How about the following ?
preempt_disable(); /* We Dont want cpus going down here */
for_each_online_cpu(cpu)
for (i = 0; i < RCU_BOOST_ELEMENTS; i++) {
rbdp = per_cpu(rcu_boost_dat, cpu);
sum.rbs_blocked += rbdp[i].rbs_blocked;
sum.rbs_boost_attempt += rbdp[i].rbs_boost_attempt;
sum.rbs_boost += rbdp[i].rbs_boost;
sum.rbs_unlock += rbdp[i].rbs_unlock;
sum.rbs_unboosted += rbdp[i].rbs_unboosted;
}
preempt_enable();
static int rcu_boost_cpu_callback(struct notifier_bloack *nb,
unsigned long action, void *hcpu)
{
int this_cpu, cpu;
rcu_boost_data *rbdp, *this_rbdp;
switch (action) {
case CPU_DEAD:
this_cpu = get_cpu();
cpu = (long)hcpu;
this_cpu = smp_processor_id();
rbdp = per_cpu(rcu_boost_dat, cpu);
this_rbdp = per_cpu(rcu_boost_dat, cpu);
/*
* Transfer all of rbdp's statistics to
* this_rbdp here.
*/
put_cpu();
return NOTIFY_OK;
}
}
Won't this work in this case?
Thanks and Regards
gautham.
--
Gautham R Shenoy
Linux Technology Center
IBM India.
"Freedom comes with a price tag of responsibility, which is still a bargain,
because Freedom is priceless!"
On Thu, Aug 23, 2007 at 09:56:39AM +0530, Gautham R Shenoy wrote:
> Hi Paul,
> On Wed, Aug 22, 2007 at 12:02:54PM -0700, Paul E. McKenney wrote:
> > +/*
> > + * Print out RCU booster task statistics at the specified interval.
> > + */
> > +static void rcu_boost_dat_stat_print(void)
> > +{
> > + /* Three decimal digits per byte plus spacing per number and line. */
> > + char buf[N_RCU_BOOST_STATE * (sizeof(long) * 3 + 2) + 2];
> > + int cpu;
> > + int event;
> > + int i;
> > + static time_t lastprint = 0;
> > + struct rcu_boost_dat *rbdp;
> > + int state;
> > + struct rcu_boost_dat sum;
> > +
> > + /* Wait a graceful interval between printk spamming. */
> > +
> > + if (xtime.tv_sec - lastprint <
> > + CONFIG_PREEMPT_RCU_BOOST_STATS_INTERVAL)
> > + return;
> > +
> > + /* Sum up the state/event-independent counters. */
> > +
> > + sum.rbs_blocked = 0;
> > + sum.rbs_boost_attempt = 0;
> > + sum.rbs_boost = 0;
> > + sum.rbs_unlock = 0;
> > + sum.rbs_unboosted = 0;
> > + for_each_possible_cpu(cpu)
> > + for (i = 0; i < RCU_BOOST_ELEMENTS; i++) {
> > + rbdp = per_cpu(rcu_boost_dat, cpu);
> > + sum.rbs_blocked += rbdp[i].rbs_blocked;
> > + sum.rbs_boost_attempt += rbdp[i].rbs_boost_attempt;
> > + sum.rbs_boost += rbdp[i].rbs_boost;
> > + sum.rbs_unlock += rbdp[i].rbs_unlock;
> > + sum.rbs_unboosted += rbdp[i].rbs_unboosted;
> > + }
>
> I feel we should still be able to use for_each_online_cpu(cpu) instead
> of for_each_possible_cpu.
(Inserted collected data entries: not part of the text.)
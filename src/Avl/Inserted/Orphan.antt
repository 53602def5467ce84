-- ===== src/Avl/Inserted/Orphan.antt =====
-- avl_tree_insert (lib/avl.bpf.h) of a node that the tree has no room for.
-- in the order, or becomes the first orphan.
use ghost_userspace_o.Base.{
  ℕ, ◌+◌, ◌≡◌, ◌≢◌, refl, sym, ap, inl, inr, ◌==◌, ==_iff, Bool-cases, List, ◌∷◌, count, update,
  arith,
}
use ghost_userspace_o.Base.Int.{pos}
use ghost_userspace_o.ArrList.Links.{update_miss}
use ghost_userspace_o.Avl.{Nodes, AvlTree}
use ghost_userspace_o.Avl.Insert.{reset_node, make_orphan}
use ghost_userspace_o.Avl.Tree.{inorder}
use ghost_userspace_o.Avl.Held.{Kids-frame, Bal-frame}
use ghost_userspace_o.Avl.Orphans.Listed.{insert_orphan-Listed}
use ghost_userspace_o.Avl.Invariant.{IsAvl}

-- The node becomes the first orphan.
pub orphan-IsAvl :
    (n : Nodes) (t : AvlTree) (e : ℕ) (xs os : List ℕ)
    → IsAvl n t xs os
    → count e xs + count e os ≡ 0
    → IsAvl (make_orphan (reset_node n e) t e).0 (make_orphan (reset_node n e) t e).1 xs (e ∷ os)
orphan-IsAvl n t e xs os s o =
    let k = s.in_tree in
    let away : ((i : ℕ) → count i (inorder k.tree) ≢ 0 → e ≢ i) =
      λ i w q. w (omega (arith, ap (count i) k.same, ap (λ j. count j xs) q)) in
    record {
      in_tree = record {
        tree = k.tree;
        same = k.same;
        holds = record {
          kids =
              Kids-frame n.left_id n.right_id (update n.left_id e 0) (update n.right_id e 0) k.tree
                t.root
                (λ i w. (
                  sym (update_miss n.left_id e i 0 (away i w)),
                  sym (update_miss n.right_id e i 0 (away i w)),
                ))
                k.holds.kids;
          up = k.holds.up;
          bal =
              Bal-frame n.balance (update n.balance e (pos 0)) k.tree
                (λ i w. sym (update_miss n.balance e i (pos 0) (away i w))) k.holds.bal;
        };
        low = k.low;
        sorted = k.sorted;
      };
      cached = record {
        min_id = s.cached.min_id;
        min_key = s.cached.min_key;
        max_id = s.cached.max_id;
        max_key = s.cached.max_key;
      };
      orphaned =
          insert_orphan-Listed n.orphan_ids t.first_orphan_id e os s.orphaned
            (λ i. omega (arith, s.distinct i)) (omega arith);
      flags_tree = λ i w. elim (Bool-cases (e == i)) [
        | inl p ↦ absurd (w (omega (arith, ap (λ j. count j xs) ((==_iff e i).0 p))))
        | inr p ↦ rw (p) (s.flags_tree i w)
      ];
      flags_orphan = λ i w. elim (Bool-cases (e == i)) [
        | inl p ↦ rw (p) refl
        | inr p ↦ rw (p) (s.flags_orphan i (λ z. w (rw (p) (omega arith))))
      ];
      distinct = λ i. elim (Bool-cases (e == i)) [
        | inl p ↦ rw (p) (omega (arith, ap (λ j. count j xs + count j os) ((==_iff e i).0 p)))
        | inr p ↦ rw (p) (omega (arith, s.distinct i))
      ];
    }
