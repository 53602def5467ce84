-- ===== src/Avl/Inserted/Refine.antt =====
-- avl_tree_insert (lib/avl.bpf.h) refines the insertion into a sorted list: the node gets its place
-- in the order, or becomes the first orphan.
use ghost_userspace_o.Base.{
  ℕ, zero, suc, ◌+◌, ◌≤◌, ◌<◌, ◌≡◌, ◌≢◌, Bool, true, false, refl, sym, ap, subst, ◌∙◌, ◌⊎◌, inl,
  inr, ◌==◌, ==_iff, Bool-cases, if◌then◌else◌, List, [], ◌∷◌, ◌++◌, count, count-append, length,
  update, arith,
}
use ghost_userspace_o.Base.Int.{pos}
use ghost_userspace_o.ArrList.Links.{update_miss, update_at}
use ghost_userspace_o.Avl.{Nodes, AvlTree, max_avl_height}
use ghost_userspace_o.Avl.Insert.{
  Slot, reset_node, attach, insert_at, descend, insert, retrace_insert, note_min, note_max,
  make_orphan,
}
use ghost_userspace_o.Avl.Tree.{
  leaf, node, Place, top, left_of, right_of, inorder, height, above_id, before, after, plug, depth,
  plug_height, height-plug, inorder-plug,
}
use ghost_userspace_o.Avl.Held.{Kids-frame}
use ghost_userspace_o.Avl.Spot.{Spot, Holds, Rest, Rebuilt}
use ghost_userspace_o.Avl.Keys.{
  Over, Under, Sorted, Sorted-append, Sorted-split, Over-mono, insert_sorted, insert_sorted-place,
}
use ghost_userspace_o.Avl.Sizes.{min_nodes, min_nodes-le}
use ghost_userspace_o.Avl.Invariant.{Cached, IsAvl}
use ghost_userspace_o.Avl.Inserted.Descend.{Side, Free, Ends, descend-Free}
use ghost_userspace_o.Avl.Inserted.Attach.{
  hang, hang_left-Spot, hang_right-Spot, Holds-Fresh, attach-Rebuilt,
}
use ghost_userspace_o.Avl.Inserted.Cache.{note-rest, note-Cached}
use ghost_userspace_o.Avl.Inserted.Orphan.{orphan-IsAvl}

-- What the insertion of e at the place of its key is, for a list cut in two there.
module _ (n : Nodes) (t : AvlTree) (e : ℕ) (xs ys os : List ℕ) where
  inserted-IsAvl :
      (n' : Nodes) (t' : AvlTree)
      → IsAvl n t (xs ++ ys) os
      → count e (xs ++ ys) + count e os ≡ 0
      → Under n.key (n.key e) xs
      → Over n.key (suc (n.key e)) ys
      → Rebuilt (reset_node n e) (xs ++ (e ∷ ys)) max_avl_height n' t'.root
      → Cached n' t' (xs ++ (e ∷ ys))
      → t'.first_orphan_id ≡ t.first_orphan_id
      → IsAvl n' t' (xs ++ (e ∷ ys)) os
  inserted-IsAvl n' t' s o u v b c f =
      let (sx, sy) = Sorted-split n.key xs ys s.in_tree.sorted in
      let total : ((i : ℕ)
          → count i (xs ++ (e ∷ ys)) ≡ (if e == i then 1 else 0) + count i (xs ++ ys)) =
        λ i. omega (arith, count-append i xs (e ∷ ys), count-append i xs ys) in
      record {
        in_tree = record {
          tree = b.tree;
          same = b.same;
          holds = b.holds;
          low = b.low;
          sorted = rw (b.rest.keys) (
              Sorted-append n.key (n.key e) xs (e ∷ ys) u
                (omega arith, Over-mono n.key (n.key e) (suc (n.key e)) ys (omega arith) v) sx
                (Over-mono n.key (n.key e) (suc (n.key e)) ys (omega arith) v, sy));
        };
        cached = c;
        orphaned = record {
          starts = f ∙ s.orphaned.starts;
          links = rw (b.rest.orphans) s.orphaned.links;
        };
        flags_tree = λ i w. rw (b.rest.orphan) (elim (Bool-cases (e == i)) [
          | inl p ↦ rw (p) refl
          | inr p ↦ rw (p) (s.flags_tree i (λ z. w (total i ∙ rw (p) (omega arith))))
        ]);
        flags_orphan = λ i w. rw (b.rest.orphan) (elim (Bool-cases (e == i)) [
          | inl p ↦ absurd (w (omega (arith, ap (λ j. count j os) ((==_iff e i).0 p))))
          | inr p ↦ rw (p) (s.flags_orphan i w)
        ]);
        distinct = λ i. elim (Bool-cases (e == i)) [
          | inl p ↦
              let q : count i (xs ++ (e ∷ ys)) ≡ 1 + count i (xs ++ ys) = total i ∙ rw (p) refl in
              omega (arith, ap (λ j. count j (xs ++ ys) + count j os) ((==_iff e i).0 p))
          | inr p ↦
              let q : count i (xs ++ (e ∷ ys)) ≡ count i (xs ++ ys) =
                total i ∙ rw (p) (omega arith) in
              omega (arith, s.distinct i)
        ];
      }

-- The retrace and the cache make the insertion whole.
retraced-IsAvl :
    (n m : Nodes) (t : AvlTree) (e : ℕ) (c : Place) (os : List ℕ)
    → IsAvl n t (before c ++ after c) os
    → count e (before c ++ after c) + count e os ≡ 0
    → Under n.key (n.key e) (before c)
    → Over n.key (suc (n.key e)) (after c)
    → plug_height c 0 ≤ max_avl_height
    → depth c < max_avl_height
    → Rest (reset_node n e) m
    → Spot m t.root c (node leaf e leaf) 0
    → IsAvl
        (retrace_insert max_avl_height m t.root (above_id c) e).0
        (note_max (n.key e) e (
          note_min
            (n.key e)
            e
            (record t { root = (retrace_insert max_avl_height m t.root (above_id c) e).1 })))
        (before c ++ (e ∷ after c))
        os
retraced-IsAvl n m t e c os s o u v hi d r p =
    let (k, root) = retrace_insert max_avl_height m t.root (above_id c) e in
    let (same_root, same_orphans) = note-rest (n.key e) e (record t { root = root }) in
    let b = attach-Rebuilt m (reset_node n e) t.root c e max_avl_height (omega arith) r p in
    inserted-IsAvl n t e (before c) (after c) os k
      (note_max (n.key e) e (note_min (n.key e) e (record t { root = root }))) s o u v
      (rw (same_root) (record {
        tree = b.tree;
        same = b.same;
        holds = b.holds;
        low = omega (arith, b.low);
        rest = b.rest;
      }))
      (note-Cached n k t root e (before c) (after c) b.rest.keys s.cached u v) same_orphans

-- A free place of the tree gets the node.
attach-IsAvl :
    (n : Nodes) (t : AvlTree) (e : ℕ) (c : Place) (left : Bool) (os : List ℕ)
    → IsAvl n t (before c ++ after c) os
    → count e (before c ++ after c) + count e os ≡ 0
    → Holds n t.root (plug c leaf)
    → plug_height c 0 ≤ max_avl_height
    → depth c < max_avl_height
    → Side c left
    → Under n.key (n.key e) (before c)
    → Over n.key (suc (n.key e)) (after c)
    → IsAvl
        (attach (reset_node n e) t e (above_id c) left).0
        (attach (reset_node n e) t e (above_id c) left).1
        (before c ++ (e ∷ after c))
        os
unfolding attach
attach-IsAvl n t e top left os s o h hi d side u v =
    inserted-IsAvl n t e [] [] os (record (reset_node n e) { parent_id = update n.parent_id e 0 })
      (record t {
        root = suc e;
        min_id = suc e;
        min_key = n.key e;
        max_id = suc e;
        max_key = n.key e;
      })
      s o u v
      (record {
        tree = node leaf e leaf;
        same = refl;
        holds = record {
          kids = (refl, update_at n.left_id e 0, update_at n.right_id e 0);
          up = (update_at n.parent_id e 0, tt, tt);
          bal = (inl (update_at n.balance e (pos 0), refl), tt, tt);
        };
        low = omega arith;
        rest = record { keys = refl; orphan = refl; orphans = refl };
      })
      (record {
        min_id = refl;
        min_key = λ i p. ap n.key (omega arith);
        max_id = refl;
        max_key = λ i p. ap n.key (omega arith);
      })
      refl
attach-IsAvl n t e (left_of c x b) left os s o h hi d side u v =
    let m : Nodes = record (reset_node n e) { parent_id = update n.parent_id e (suc x) } in
    let tree_count : ((i : ℕ)
        → count i (inorder (plug (left_of c x b) leaf))
          ≡ count i (before (left_of c x b) ++ after (left_of c x b))) =
      λ i. ap (count i) (inorder-plug (left_of c x b) leaf) in
    let f =
      Holds-Fresh n t.root (left_of c x b) (plug (left_of c x b) leaf) e h refl
        (λ i. omega (arith, tree_count i, s.distinct i)) (omega (arith, tree_count e)) in
    rw (side) (
      retraced-IsAvl n (hang m x e true) t e (left_of c x b) os s o u v hi d
        (record { keys = refl; orphan = refl; orphans = refl }) (hang_left-Spot m t.root c x b e f))
attach-IsAvl n t e (right_of b x c) left os s o h hi d side u v =
    let m : Nodes = record (reset_node n e) { parent_id = update n.parent_id e (suc x) } in
    let tree_count : ((i : ℕ)
        → count i (inorder (plug (right_of b x c) leaf))
          ≡ count i (before (right_of b x c) ++ after (right_of b x c))) =
      λ i. ap (count i) (inorder-plug (right_of b x c) leaf) in
    let f =
      Holds-Fresh n t.root (right_of b x c) (plug (right_of b x c) leaf) e h refl
        (λ i. omega (arith, tree_count i, s.distinct i)) (omega (arith, tree_count e)) in
    rw (side) (
      retraced-IsAvl n (hang m x e false) t e (right_of b x c) os s o u v hi d
        (record { keys = refl; orphan = refl; orphans = refl })
        (hang_right-Spot m t.root c x b e f))

full :
    (n : Nodes) (t : AvlTree) (e x_id : ℕ) (left : Bool) (next_id : ℕ)
    → next_id ≢ 0
    → insert_at n t e x_id left next_id ≡ make_orphan n t e
unfolding insert_at
full n t e x_id left zero p = absurd (p refl)
full n t e x_id left (suc next) p = refl

highest : (h : ℕ) → 22 < h → h ≤ max_avl_height → h ≡ max_avl_height
highest h p q = omega arith

Free-IsAvl :
    (n : Nodes) (t : AvlTree) (e : ℕ) (xs os : List ℕ) (s : IsAvl n t xs os)
    → count e xs + count e os ≡ 0
    → (slot : Slot) → Free (reset_node n e) (n.key e) s.in_tree.tree 22 slot
    → IsAvl
        (insert_at (reset_node n e) t e slot.x_id slot.left slot.next_id).0
        (insert_at (reset_node n e) t e slot.x_id slot.left slot.next_id).1
        (insert_sorted n.key e xs)
        os
unfolding insert_at
Free-IsAvl n t e xs os s o slot f =
    let c = f.place in
    let k = s.in_tree in
    let cut : xs ≡ before c ++ after c =
      sym k.same ∙ ap inorder (sym f.same) ∙ inorder-plug c leaf in
    let high = height-plug c leaf in
    rw (f.vacant, f.above, cut, insert_sorted-place n.key e (before c) (after c) f.under f.over)
      (attach-IsAvl n t e c slot.left os (subst (λ ys. IsAvl n t ys os) cut s)
        (subst (λ ys. count e ys + count e os ≡ 0) cut o)
        (subst (Holds n t.root) (sym f.same) k.holds) (omega (arith, k.low, ap height f.same))
        (omega (arith, f.deep)) f.side f.under f.over)

-- Of a tree that reads the nodes xs in the order of their keys, balanced and of height at most
-- MAX_AVL_HEIGHT, with right parents, cached ends, flags and orphan list os, avl_tree_insert of
-- a node that is neither in xs nor in os either puts the node into xs at the place of its key,
-- behind the nodes of the same key, and keeps os and all of that; or keeps xs, makes the node
-- the first orphan, and all of that holds of xs and e ∷ os, and then xs has at least as many
-- nodes as a balanced tree of height MAX_AVL_HEIGHT must have.
pub insert-IsAvl :
    (n : Nodes) (t : AvlTree) (e : ℕ) (xs os : List ℕ)
    → IsAvl n t xs os
    → count e xs + count e os ≡ 0
    → IsAvl (insert n t e).0 (insert n t e).1 (insert_sorted n.key e xs) os
      ⊎ (IsAvl (insert n t e).0 (insert n t e).1 xs (e ∷ os)
          × (min_nodes max_avl_height ≤ length xs))
unfolding insert insert_at
insert-IsAvl n t e xs os s o =
    let k = s.in_tree in
    let m = reset_node n e in
    let away : ((i : ℕ) → count i (inorder k.tree) ≢ 0 → e ≢ i) =
      λ i w q. w (omega (arith, ap (count i) k.same, ap (λ j. count j xs) q)) in
    let kids =
      Kids-frame n.left_id n.right_id m.left_id m.right_id k.tree t.root
        (λ i w. (
          sym (update_miss n.left_id e i 0 (away i w)),
          sym (update_miss n.right_id e i 0 (away i w)),
        ))
        k.holds.kids in
    let slot = descend 22 m (n.key e) 0 false t.root in
    let place : Ends m (n.key e) k.tree 22 22 (height k.tree) slot =
      descend-Free 22 m (n.key e) top false k.tree t.root kids tt tt tt
        (subst (Sorted n.key) (sym k.same) k.sorted) in
    elim place [
      | inl f ↦ inl (Free-IsAvl n t e xs os s o slot f)
      | inr (p, h) ↦ inr (
        subst (λ r. IsAvl r.0 r.1 xs (e ∷ os)) (sym (full m t e slot.x_id slot.left slot.next_id p))
            (orphan-IsAvl n t e xs os s o),
        omega (
          arith,
          min_nodes-le n.balance k.tree k.holds.bal,
          ap (length {0}) k.same,
          ap min_nodes (highest (height k.tree) h k.low),
        ),
      )
    ]

-- A tree of fewer nodes always has room: 75024 is what the comment of lib/avl.bpf.h estimates as
-- enough for 64k threads.
min_nodes-max : min_nodes max_avl_height ≡ 75024
unfolding min_nodes
min_nodes-max = refl

-- Of a tree and orphans that satisfy IsAvl (Avl/Invariant) of fewer than 75024 nodes,
-- avl_tree_insert of a node that is neither in it nor an orphan puts the node into the tree, at
-- the place of its key and behind the nodes of the same key: the limit of MAX_AVL_HEIGHT rounds
-- makes no orphan.
pub insert-room :
    (n : Nodes) (t : AvlTree) (e : ℕ) (xs os : List ℕ)
    → IsAvl n t xs os
    → count e xs + count e os ≡ 0
    → length xs < 75024
    → IsAvl (insert n t e).0 (insert n t e).1 (insert_sorted n.key e xs) os
insert-room n t e xs os s o room = elim (insert-IsAvl n t e xs os s o) [
  | inl h ↦ h
  | inr (h, full) ↦ absurd (omega (arith, min_nodes-max))
]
Again, there's a good chance that I might
> be mistaken!
>
> How about the following ?
>
> preempt_disable(); /* We Dont want cpus going down here */
> for_each_online_cpu(cpu)
> for (i = 0; i < RCU_BOOST_ELEMENTS; i++) {
> rbdp = per_cpu(rcu_boost_dat, cpu);
> sum.rbs_blocked += rbdp[i].rbs_blocked;
> sum.rbs_boost_attempt += rbdp[i].rbs_boost_attempt;
> sum.rbs_boost += rbdp[i].rbs_boost;
> sum.rbs_unlock += rbdp[i].rbs_unlock;
> sum.rbs_unboosted += rbdp[i].rbs_unboosted;
> }
> preempt_enable();
>
>
> static int rcu_boost_cpu_callback(struct notifier_bloack *nb,
> unsigned long action, void *hcpu)
> {
> int this_cpu, cpu;
> rcu_boost_data *rbdp, *this_rbdp;
>
> switch (action) {
> case CPU_DEAD:
> this_cpu = get_cpu();
> cpu = (long)hcpu;
> this_cpu = smp_processor_id();
> rbdp = per_cpu(rcu_boost_dat, cpu);
> this_rbdp = per_cpu(rcu_boost_dat, cpu);
> /*
> * Transfer all of rbdp's statistics to
> * this_rbdp here.
> */
> put_cpu();
>
> return NOTIFY_OK;
> }
> }
>
>
> Won't this work in this case?
Hello, Gautham,
We could do something similar. If there was a global rcu_boost_data
variable that held the sums of the fields of the rcu_boost_data
structures for all offline CPUs, and if we used a new lock to protect
that global rcu_boost data variable (both when reading and when
CPU hotplugging), then we could indeed scan only the online CPUs'
rcu_boost_data elements.
We would also have to maintain a cpumask_t for this purpose, and
we would need to add a CPU's contribution when it went offline and
subtract it when that CPU came back online.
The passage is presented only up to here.